• Task prompt
Within the entries that follow, show each line where the word "false" occurs.

• Data extract
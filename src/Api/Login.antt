-- ===== src/Api/Login.antt =====
-- ui/app/main.py: login, logout and change_password. `now` is the time of day in seconds and `clock`
-- the monotonic clock; the token and the salt that a request draws are arguments.
use openvpn_server.Base.{
  ℕ, Bool, true, false, not, ◌&&◌, Option, none, some, List, [], ◌∷◌, ◌++◌, Text, codes, text_eq,
  if◌then◌else◌, ltb, ◌==◌, take, update_where,
}
use openvpn_server.Db.Schema.{User, Db}
use openvpn_server.Db.History.{add_event}
use openvpn_server.Auth.Limiter.{Limiter, attempt, success}
use openvpn_server.Auth.Passwords.{hash_password, verify_password, needs_rehash}
use openvpn_server.Auth.WebSessions.{
  SessionUser, session_user, find_user, create_session, delete_session, delete_user_sessions,
}
use openvpn_server.Relay.Authorize.{World, Cert, Outcome, returned, unavailable, refused, eligible}
use openvpn_server.Api.Requests.{Answer, ok, failed, Request, Env, portal_only, is_own_cert}

abbrev pub ip_attempts : ℕ
ip_attempts = 20

-- What the process keeps beside the database.
pub record App : Type 0 where
  pub db : Db
  pub limiter : Limiter

-- The random values of a request.
pub record Fresh : Type 0 where
  pub token : Text
  pub salt : Text

pub record Credentials : Type 0 where
  pub username : Text
  pub password : Text

-- The cookie that is set, and the account.
pub record SignedIn : Type 0 where
  pub cookie : Text
  pub user : SessionUser

-- SELECT * FROM users WHERE username = ?
unfoldable pub find_username : Text → List User → Option User
find_username name [] = none
find_username name (u ∷ users) =
    if text_eq u.username name then some u else find_username name users

-- UPDATE users SET ... WHERE id = ?
abbrev pub set_user : ℕ → (User → User) → Db → Db
set_user id set db = record db { users = update_where (λ u. u.id == id) set db.users }

-- The keys of the limiter: the address, and the address with the user name.
abbrev pub login_key : Env → Request → Text → Text
login_key env r username = r.ip ++ b'|' ∷ env.lowercase username

abbrev pub valid_cert : Outcome (Option Cert) → Option Text → Answer Bool
valid_cert unavailable serial = failed 500
valid_cert refused serial = failed 400
valid_cert (returned cert) serial = ok (is_own_cert cert serial)

-- The certificate of a client account; an administrator needs none.
unfoldable pub valid_client : World → User → Answer Bool
valid_client w u = elim u.client_name [
  | none ↦ ok true
  | some name ↦ valid_cert (eligible w name) u.client_serial
]

abbrev pub on_guest_listener : Request → User → Bool
on_guest_listener r u = elim u.client_name [ none ↦ portal_only r | some name ↦ false ]

abbrev pub refuse : Env → Request → Text → ℕ → App → Answer SignedIn × App
refuse env r username now app = (
  failed 401,
  record app {
    db = add_event now (codes "login_failed") none (some (take 64 username)) (some r.ip) app.db;
  },
)

-- The new session, once the password hash is up to date.
unfoldable pub open_session : Env → Request → Fresh → ℕ → User → App → Answer SignedIn × App
open_session env r fresh now u app =
    let (token, db) =
      create_session env.token_hash fresh.token app.db u.id env.session_ttl now (some r.ip)
        r.user_agent in
    (
      ok (record { cookie = token; user = session_user u }),
      record app {
        db =
            add_event now (codes "login") none (some u.username) (some r.ip)
              (set_user u.id (λ v. record v { last_login = some now }) db);
      },
    )

unfoldable pub rehash : Env → Request → Fresh → ℕ → Text → User → App → Answer SignedIn × App
rehash env r fresh now password u app =
    if needs_rehash u.password_hash
    then (elim (hash_password env.crypto password fresh.salt) [
      | none ↦ (failed 500, app)
      | some hash ↦
          open_session env r fresh now u
            (record app { db = set_user u.id (λ v. record v { password_hash = hash }) app.db })
    ])
    else open_session env r fresh now u app

unfoldable pub check_password :
    Env → Request → Fresh → ℕ → Credentials → User → App → Answer Bool → Answer SignedIn × App
check_password env r fresh now body u app (failed status) = (failed status, app)
check_password env r fresh now body u app (ok valid) =
    if verify_password env.crypto body.password u.password_hash
      && (valid && not (on_guest_listener r u))
    then rehash env r fresh now body.password u (record app {
      limiter = success (login_key env r body.username) (success r.ip app.limiter);
    })
    else refuse env r body.username now app

unfoldable pub check_account :
    Env → World → Request → Fresh → ℕ → Credentials → App → Option User → Answer SignedIn × App
check_account env w r fresh now body app none = refuse env r body.username now app
check_account env w r fresh now body app (some u) =
    check_password env r fresh now body u app (valid_client w u)

unfoldable pub login :
    Env → World → Request → Fresh → ℕ → ℕ → Credentials → App → Answer SignedIn × App
login env w r fresh now clock body app =
    let (wait, limiter) =
      attempt app.limiter clock (r.ip, ip_attempts)
        ((login_key env r body.username, app.limiter.threshold) ∷ []) in
    let counted = record app { limiter = limiter } in
    if ltb 0 wait
    then (failed 429, counted)
    else check_account env w r fresh now body counted (find_username body.username app.db.users)

unfoldable pub logout : Env → Request → Db → Db
logout env r db = delete_session env.token_hash db r.cookie

abbrev pub store_password : Env → Request → ℕ → SessionUser → Text → Db → Db
store_password env r now user hash db =
    add_event now (codes "password_changed") none (some user.username) none (
      delete_user_sessions env.token_hash
        (set_user user.id (λ v. record v { password_hash = hash }) db) user.id r.cookie)

unfoldable pub replace_password :
    Env → Request → Text → ℕ → SessionUser → Text → Text → User → Db → Answer Bool × Db
replace_password env r salt now user current new row db =
    if verify_password env.crypto current row.password_hash
    then (elim (hash_password env.crypto new salt) [
      | none ↦ (failed 500, db)
      | some hash ↦ (ok true, store_password env r now user hash db)
    ])
    else (failed 400, db)

unfoldable pub replace_of :
    Env → Request → Text → ℕ → SessionUser → Text → Text → Db → Option User → Answer Bool × Db
replace_of env r salt now user current new db none = (failed 400, db)
replace_of env r salt now user current new db (some row) =
    replace_password env r salt now user current new row db

unfoldable pub change_password :
    Env → Request → Text → ℕ → SessionUser → Text → Text → Db → Answer Bool × Db
change_password env r salt now user current new db =
    replace_of env r salt now user current new db (find_user user.id db.users)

• Exercise result
  ℕ, Bool, true, false, not, ◌&&◌, Option, none, some, List, [], ◌∷◌, ◌++◌, Text, codes, text_eq,
on_guest_listener r u = elim u.client_name [ none ↦ portal_only r | some name ↦ false ]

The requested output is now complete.